Work request: Where the word "plain" appears in a line of the entries below, count that line and give the total alone.

Data provided:
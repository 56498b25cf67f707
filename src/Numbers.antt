-- ===== src/Numbers.antt =====
-- lib/goblibc/src/stdlib.c: numbers from and to texts. A text is its characters without the NUL, and a
-- radix is not negative.
pub mod RoundTrip
pub mod Room
mod Tests
use bitloader.Prelude.{
  Bool, List, [], false, if◌then◌else◌, length, ltb, not, set, suc, true, zero, ℕ, ◌%◌, ◌&&◌, ◌*◌,
  ◌+◌, ◌-◌, ◌/◌, ◌==◌, ◌^◌, ◌||◌, ◌∷◌,
}
use bitloader.Prelude.Int.{negsuc, pos, sub_ℕ, ℤ}
use bitloader.Prelude.Run.{Run, fault, returns, ◌>>=◌}
use bitloader.Strings.{isdigit}

-- The 32 bits of an `int`.
abbrev pub int_of : ℕ → ℤ
int_of n = if ltb n (2 ^ 31) then pos n else negsuc (2 ^ 32 - 1 - n)

abbrev pub neg : ℤ → ℤ
neg (pos n) = sub_ℕ 0 n
neg (negsuc n) = pos (n + 1)

-- `/ 10`, which rounds towards 0.
abbrev pub div_ten : ℤ → ℤ
div_ten (pos n) = pos (n / 10)
div_ten (negsuc n) = sub_ℕ 0 ((n + 1) / 10)

-- The result's bits, and whether the sign is -1.
unfoldable pub atoi_loop : List ℕ → (result : ℕ) → (sign_set negative : Bool) → ℕ × Bool
atoi_loop [] result sign_set negative = (result, negative)
atoi_loop (c ∷ buffer) result sign_set negative =
    let set = sign_set || isdigit c in
    let added = if isdigit c then (result + (c - b'0')) * 10 % 2 ^ 32 else result in
    atoi_loop buffer added set (negative || not set && c == b'-')

unfoldable pub atoi : List ℕ → ℤ
atoi buffer =
    let (result, negative) = atoi_loop buffer 0 false false in
    if negative then neg (div_ten (int_of result)) else div_ten (int_of result)

-- The bytes of `temp` before its NUL.
abbrev pub temp_size : ℕ
temp_size = 34

abbrev pub radix_digit : ℕ → ℕ
radix_digit t = (if ltb t 10 then t + b'0' else t + b'A' - 10) % 256

-- The digits before `chars`, and `room` bytes of `temp` are left. A store behind it is a fault, and so is a
-- division by 0.
unfoldable pub digit_loop : (room v radix : ℕ) (chars : List ℕ) → Run (List ℕ)
digit_loop zero v radix chars = if v == 0 then returns chars else fault
digit_loop (suc room) v radix chars =
    let rest = digit_loop room (v / radix) radix (radix_digit (v % radix) ∷ chars) in
    if v == 0 then returns chars else if radix == 0 then fault else rest

abbrev pub put_sign : Bool → List ℕ → Run (List ℕ)
put_sign sign digits =
    if not sign
    then returns digits
    else if ltb (length digits) temp_size
    then returns (b'-' ∷ digits)
    else fault

-- The copy from `temp` also reads the byte before it, which the NUL then takes the place of.
unfoldable pub itoa : ℤ → (radix : ℕ) → Run (List ℕ)
itoa (pos zero) radix = returns (b'0' ∷ [])
itoa (pos (suc n)) radix = digit_loop temp_size (suc n) radix []
itoa (negsuc n) radix =
    let sign = radix == 10 in
    let v = if sign then n + 1 else 2 ^ 32 - (n + 1) in
    digit_loop temp_size v radix [] >>= put_sign sign

-- The remainders of a negative `value`, which only the least `int` still is.
unfoldable pub minus_digit_loop : (room v radix : ℕ) (chars : List ℕ) → Run (List ℕ)
minus_digit_loop zero v radix chars = if v == 0 then returns chars else fault
minus_digit_loop (suc room) v radix chars =
    let digit = (b'0' + 256 - v % radix % 256) % 256 in
    let rest = minus_digit_loop room (v / radix) radix (digit ∷ chars) in
    if v == 0 then returns chars else if radix == 0 then fault else rest

-- The text, whose length is what `num_len` gets.
unfoldable pub int_to_str : ℤ → (radix : ℕ) → Run (List ℕ)
int_to_str (pos zero) radix = returns (b'0' ∷ [])
int_to_str (pos (suc n)) radix = digit_loop temp_size (suc n) radix []
int_to_str (negsuc n) radix =
    let least = minus_digit_loop temp_size (n + 1) radix [] in
    let digits = if n + 1 == 2 ^ 31 then least else digit_loop temp_size (n + 1) radix [] in
    digits >>= put_sign true
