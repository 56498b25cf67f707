-- ===== src/Numbers/Room.antt =====
-- lib/goblibc/src/stdlib.c: the digits of a number in the 34 bytes of `temp`.
use bitloader.Prelude.{
  Bool, Bool-cases, List, [], ap, arith, false, if◌then◌else◌, inl, inr, length, ltb, refl, suc,
  true, zero, ℕ, ◌%◌, ◌*◌, ◌+◌, ◌-◌, ◌/◌, ◌<◌, ◌==◌, ◌^◌, ◌∙◌, ◌∷◌, ◌≡◌, ◌≤◌,
}
use bitloader.Prelude.Int.{neg_part, negsuc, pos, pos_part, ℤ}
use bitloader.Prelude.Run.{Run, returns, ◌>>=◌}
use bitloader.Numbers.{digit_loop, itoa, put_sign, radix_digit, temp_size}
use native.Mathlib.Nat.{mul-div-le, mul-le-mul_right}

abbrev two_to : ℕ → ℕ
two_to zero = 1
two_to (suc bits) = 2 * two_to bits

-- A text of at most so many characters.
pub record InRoom (most : ℕ) (out : Run (List ℕ)) : Type 0 where
  pub text : List ℕ
  pub result : out ≡ returns text
  pub short : length text ≤ most

-- A digit to the radix 2 or more takes a bit at least.
bit_less : (v radix bits : ℕ) → 2 ≤ radix → v < 2 * two_to bits → v / radix < two_to bits
bit_less v radix bits big below =
    let whole : radix * (v / radix) ≤ v = mul-div-le v radix in
    let twice : 2 * (v / radix) ≤ radix * (v / radix) = mul-le-mul_right (v / radix) big in
    omega arith

digit_loop-zero : (room radix : ℕ) (chars : List ℕ) → digit_loop room 0 radix chars ≡ returns chars
unfolding digit_loop
digit_loop-zero zero radix chars = refl
digit_loop-zero (suc room) radix chars = refl

digit_loop-InRoom :
    (room bits v radix : ℕ) (chars : List ℕ)
    → bits ≤ room
    → 2 ≤ radix
    → v < two_to bits
    → InRoom (length chars + bits) (digit_loop room v radix chars)
unfolding digit_loop
digit_loop-InRoom room zero v radix chars fits big below =
    let none_left : v ≡ 0 = omega arith in
    record {
      text = chars;
      result = ap (λ n. digit_loop room n radix chars) none_left ∙ digit_loop-zero room radix chars;
      short = omega arith;
    }
digit_loop-InRoom zero (suc bits) v radix chars fits big below = absurd (omega arith)
digit_loop-InRoom (suc room) (suc bits) v radix chars fits big below = elim (Bool-cases (v == 0)) [
  | inl done ↦ record { text = chars; result = rw done refl; short = omega arith }
  | inr more ↦
      let digit = radix_digit (v % radix) in
      let r =
        digit_loop-InRoom room bits (v / radix) radix (digit ∷ chars) (omega arith) big
          (bit_less v radix bits big below) in
      let divides : (radix == 0) ≡ false = ground arith in
      let short = r.short in
      record { text = r.text; result = rw more (rw divides (r.result)); short = omega arith }
]

pub digits-InRoom :
    (v radix : ℕ) → v < 2 ^ 32 → 2 ≤ radix → InRoom 32 (digit_loop temp_size v radix [])
digits-InRoom v radix small big =
    let word : 2 ^ 32 ≡ two_to 32 = refl in
    digit_loop-InRoom 34 32 v radix [] (omega arith) big (rw (← word) small)

pub put_sign-InRoom :
    (sign : Bool) (out : Run (List ℕ)) → InRoom 32 out → InRoom 33 (out >>= put_sign sign)
put_sign-InRoom false out r =
    let short = r.short in
    record { text = r.text; result = rw (r.result) refl; short = omega arith }
put_sign-InRoom true out r =
    let short = r.short in
    let room : ltb (length (r.text)) temp_size ≡ true = ground arith in
    record { text = b'-' ∷ r.text; result = rw (r.result) (rw room refl); short = omega arith }

more_room : (out : Run (List ℕ)) → InRoom 32 out → InRoom 33 out
more_room out r =
    let short = r.short in record { text = r.text; result = r.result; short = omega arith }

-- `temp` is enough for every `int` to every radix from 2 on: `itoa` gives a text of at most 33 characters.
pub itoa-InRoom :
    (z : ℤ) (radix : ℕ)
    → pos_part z < 2 ^ 31
    → neg_part z ≤ 2 ^ 31
    → 2 ≤ radix
    → InRoom 33 (itoa z radix)
unfolding itoa
itoa-InRoom (pos zero) radix high low big = record {
  text = b'0' ∷ [];
  result = refl;
  short = omega arith;
}
itoa-InRoom (pos (suc n)) radix high low big =
    more_room (digit_loop temp_size (suc n) radix [])
      (digits-InRoom (suc n) radix (omega arith) big)
itoa-InRoom (negsuc n) radix high low big =
    let v = if radix == 10 then n + 1 else 2 ^ 32 - (n + 1) in
    put_sign-InRoom (radix == 10) (digit_loop temp_size v radix [])
      (digits-InRoom v radix (ground arith) big)
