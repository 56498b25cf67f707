-- ===== src/Print.antt =====
-- kernel/print.c: `printf` and the numbers it prints, as the bytes that go to the terminal's file.
pub mod Decimal
mod Tests
use bitloader.Prelude.{
  Bool, List, [], bit_and, get_or, if◌then◌else◌, suc, zero, ℕ, ◌%◌, ◌++◌, ◌+◌, ◌/◌, ◌==◌, ◌^◌, ◌∷◌,
}
use bitloader.Prelude.Int.{negsuc, pos, ℤ}
use bitloader.Prelude.Run.{Run, fault, returns, ◌>>=◌}

-- The loop that fills `buf`, whose last character is printed first; `room` bytes of it are left,
-- and a store behind them is a fault. `chars` is what is printed of it.
unfoldable pub decimal_loop : (room num : ℕ) (chars : List ℕ) → Run (List ℕ)
decimal_loop zero num chars = if num == 0 then returns chars else fault
decimal_loop (suc room) num chars =
    let rest = decimal_loop room (num / 10) ((b'0' + num % 10) ∷ chars) in
    if num == 0 then returns chars else rest

-- An `int`. The negative of -2147483648 is that number again, which is not above 0.
unfoldable pub print_int : ℤ → Run (List ℕ)
print_int (pos zero) = returns (b'0' ∷ [])
print_int (pos (suc n)) = decimal_loop 12 (suc n) []
print_int (negsuc n) =
    let digits = decimal_loop 12 (n + 1) [] in
    if n + 1 == 2 ^ 31 then returns (b'-' ∷ []) else do ds ← digits; returns (b'-' ∷ ds)

abbrev pub hex_chars : List ℕ
hex_chars =
    b'0' ∷ b'1' ∷ b'2' ∷ b'3' ∷ b'4' ∷ b'5' ∷ b'6' ∷ b'7' ∷ b'8' ∷ b'9' ∷ b'A' ∷ b'B' ∷ b'C' ∷ b'D'
    ∷ b'E' ∷ b'F' ∷ []

unfoldable pub hex_loop : (room num : ℕ) (chars : List ℕ) → Run (List ℕ)
hex_loop zero num chars = if num == 0 then returns chars else fault
hex_loop (suc room) num chars =
    let rest = hex_loop room (num / 2 ^ 4) (get_or hex_chars (bit_and num 0xf) 0 ∷ chars) in
    if num == 0 then returns chars else rest

unfoldable pub print_hex : ℕ → Run (List ℕ)
print_hex num = if num == 0 then returns (b'0' ∷ []) else hex_loop 9 num []

-- The variable arguments, as `va_arg` takes them.
pub data Argument : Type 0 where
  string : List ℕ → Argument
  char : ℕ → Argument
  int : ℤ → Argument
  unsigned : ℕ → Argument

-- One format specifier: what it prints, and the arguments that are left. An argument of another
-- type, or none, is a fault.
unfoldable pub print_format : ℕ → List Argument → Run (List ℕ × List Argument)
print_format c args =
    if c == b's'
    then elim args [ string s ∷ rest ↦ returns (s, rest) | _ ↦ fault ]
    else if c == b'c'
    then elim args [ char v ∷ rest ↦ returns (v % 256 ∷ [], rest) | _ ↦ fault ]
    else if c == b'd'
    then elim args [ int z ∷ rest ↦ (do out ← print_int z; returns (out, rest)) | _ ↦ fault ]
    else if c == b'x'
    then elim args [ unsigned n ∷ rest ↦ (do out ← print_hex n; returns (out, rest)) | _ ↦ fault ]
    else if c == b'%'
    then returns (b'%' ∷ [], args)
    else returns (b'%' ∷ c ∷ [], args)

-- The characters of the format before its NUL. A `%` right before the NUL takes the loop past the
-- format's end, a fault.
unfoldable pub printf_loop : List ℕ → List Argument → Run (List ℕ)
printf_loop [] args = returns []
printf_loop (p ∷ []) args = if p == b'%' then fault else returns (p ∷ [])
printf_loop (p ∷ c ∷ fmt) args =
    let plain = printf_loop (c ∷ fmt) args in
    if p == b'%'
    then (do out ← print_format c args; rest ← printf_loop fmt out.1; returns (out.0 ++ rest))
    else (do rest ← plain; returns (p ∷ rest))

-- `tty` is NULL before `set_print_output`.
pub printf : Bool → List ℕ → List Argument → Run (List ℕ)
printf has_tty fmt args = if has_tty then printf_loop fmt args else returns []
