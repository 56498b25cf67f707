-- ===== src/Print/Decimal.antt =====
-- `print_int` of kernel/print.c prints a number in decimal.
use bitloader.Prelude.{
  Bool-cases, List, [], ap, append-nil, append_assoc, arith, false, inl, inr, length, refl, suc,
  sym, zero, ℕ, ◌%◌, ◌*◌, ◌++◌, ◌+◌, ◌-◌, ◌/◌, ◌<◌, ◌==◌, ◌^◌, ◌∙◌, ◌∷◌, ◌≡◌, ◌≢◌, ◌≤◌,
}
use bitloader.Prelude.Int.{neg_part, negsuc, pos, pos_part, ℤ}
use bitloader.Prelude.Run.{Run, returns}
use bitloader.Print.{decimal_loop, print_int}

-- The value of decimal digits behind those of `n`.
abbrev pub digits_value : ℕ → List ℕ → ℕ
digits_value n [] = n
digits_value n (c ∷ cs) = digits_value (n * 10 + (c - b'0')) cs

digits_value-append :
    (n : ℕ) (xs : List ℕ) (c : ℕ)
    → digits_value n (xs ++ (c ∷ [])) ≡ digits_value n xs * 10 + (c - b'0')
digits_value-append n [] c = refl
digits_value-append n (x ∷ xs) c = digits_value-append (n * 10 + (x - b'0')) xs c

abbrev pub Decimal : List ℕ → Type 0
Decimal [] = Unit
Decimal (c ∷ cs) = (b'0' ≤ c) × (c ≤ b'9') × Decimal cs

Decimal-append : (xs : List ℕ) (c : ℕ) → Decimal xs → b'0' ≤ c → c ≤ b'9' → Decimal (xs ++ (c ∷ []))
Decimal-append [] c h low high = (low, high, tt)
Decimal-append (x ∷ xs) c h low high = (h.0, h.1, Decimal-append xs c h.2 low high)

-- No digit in front of the others is 0.
abbrev pub Leading : List ℕ → Type 0
Leading [] = Unit
Leading (c ∷ cs) = c ≢ b'0'

Leading-append :
    (xs : List ℕ) (c : ℕ)
    → Leading xs
    → (digits_value 0 xs ≡ 0 → c ≢ b'0')
    → Leading (xs ++ (c ∷ []))
Leading-append [] c h last = last refl
Leading-append (x ∷ xs) c h last = h

-- 10 to the power of the room.
abbrev pub bound : ℕ → ℕ
bound zero = 1
bound (suc room) = 10 * bound room

pub record Filled (num : ℕ) (chars : List ℕ) (out : Run (List ℕ)) : Type 0 where
  pub digits : List ℕ
  pub result : out ≡ returns (digits ++ chars)
  pub decimal : Decimal digits
  pub value : digits_value 0 digits ≡ num
  pub leading : Leading digits

last_digit : (num n : ℕ) → n ≡ num / 10 → n * 10 + (b'0' + num % 10 - b'0') ≡ num
last_digit num n h = omega arith

pub decimal_loop-Filled :
    (room num : ℕ) (chars : List ℕ)
    → num < bound room
    → Filled num chars (decimal_loop room num chars)
unfolding decimal_loop
decimal_loop-Filled zero num chars small =
    let none_left : num ≡ 0 = omega arith in
    rw none_left (record { digits = []; result = refl; decimal = tt; value = refl; leading = tt })
decimal_loop-Filled (suc room) num chars small = elim (Bool-cases (num == 0)) [
  | inl done ↦
      rw done
        (record { digits = []; result = refl; decimal = tt; value = ground arith; leading = tt })
  | inr more ↦
      let f = decimal_loop-Filled room (num / 10) ((b'0' + num % 10) ∷ chars) (omega arith) in
      rw more (record {
        digits = f.digits ++ ((b'0' + num % 10) ∷ []);
        result = f.result ∙ ap returns (sym (append_assoc f.digits ((b'0' + num % 10) ∷ []) chars));
        decimal = Decimal-append f.digits (b'0' + num % 10) f.decimal (omega arith) (omega arith);
        value =
            digits_value-append 0 f.digits (b'0' + num % 10)
            ∙ last_digit num (digits_value 0 f.digits) f.value;
        leading =
            Leading-append f.digits (b'0' + num % 10) f.leading
              (λ zero_value e. let rest = f.value in absurd (ground (arith, zero_value, e)));
      })
]

-- The decimal numeral of a number: digits, at least one, without a leading 0 but for the number 0.
pub record Numeral (n : ℕ) (digits : List ℕ) : Type 0 where
  pub decimal : Decimal digits
  pub value : digits_value 0 digits ≡ n
  pub some_digit : length digits ≢ 0
  pub leading : n ≢ 0 → Leading digits

digits-some : (n : ℕ) (ds : List ℕ) → n ≢ 0 → digits_value 0 ds ≡ n → length ds ≢ 0
digits-some n [] some_n value = λ e. some_n (sym value)
digits-some n (c ∷ cs) some_n value = λ e. absurd (omega (arith, e))

Filled-Numeral : (n : ℕ) (out : Run (List ℕ)) → n ≢ 0 → (f : Filled n [] out) → Numeral n f.digits
Filled-Numeral n out some_n f = record {
  decimal = f.decimal;
  value = f.value;
  some_digit = digits-some n f.digits some_n f.value;
  leading = λ some_n. f.leading;
}

-- A minus sign for the numbers below 0.
abbrev pub minus_sign : ℤ → List ℕ
minus_sign (pos n) = []
minus_sign (negsuc n) = b'-' ∷ []

-- Every `int` but the least one is printed as the decimal numeral of its size, with a minus sign in
-- front if it is negative; the twelve bytes of the buffer are enough.
pub print_int-number :
    (z : ℤ)
    → pos_part z < 2 ^ 31
    → neg_part z < 2 ^ 31
    → (digits : List ℕ) × (print_int z ≡ returns (minus_sign z ++ digits))
      × Numeral (pos_part z + neg_part z) digits
unfolding print_int
print_int-number (pos zero) high low = (
  b'0' ∷ [],
  refl,
  record {
    decimal = (omega arith, omega arith, tt);
    value = refl;
    some_digit = λ e. absurd (omega (arith, e));
    leading = λ some_n. absurd (some_n refl);
  },
)
print_int-number (pos (suc n)) high low =
    let f = decimal_loop-Filled 12 (suc n) [] (omega arith) in
    let size : suc n ≡ suc n + 0 = omega arith in
    (
      f.digits,
      f.result ∙ ap returns (append-nil f.digits),
      rw (← size)
          (Filled-Numeral (suc n) (decimal_loop 12 (suc n) []) (λ e. absurd (omega (arith, e))) f),
    )
print_int-number (negsuc n) high low =
    let f = decimal_loop-Filled 12 (n + 1) [] (omega arith) in
    let above : (n + 1 == 2 ^ 31) ≡ false = ground arith in
    let size : n + 1 ≡ 0 + suc n = omega arith in
    (
      f.digits,
      rw above (rw f.result (ap (λ ds. returns (b'-' ∷ ds)) (append-nil f.digits))),
      rw (← size)
          (Filled-Numeral (n + 1) (decimal_loop 12 (n + 1) []) (λ e. absurd (omega (arith, e))) f),
    )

Response: 2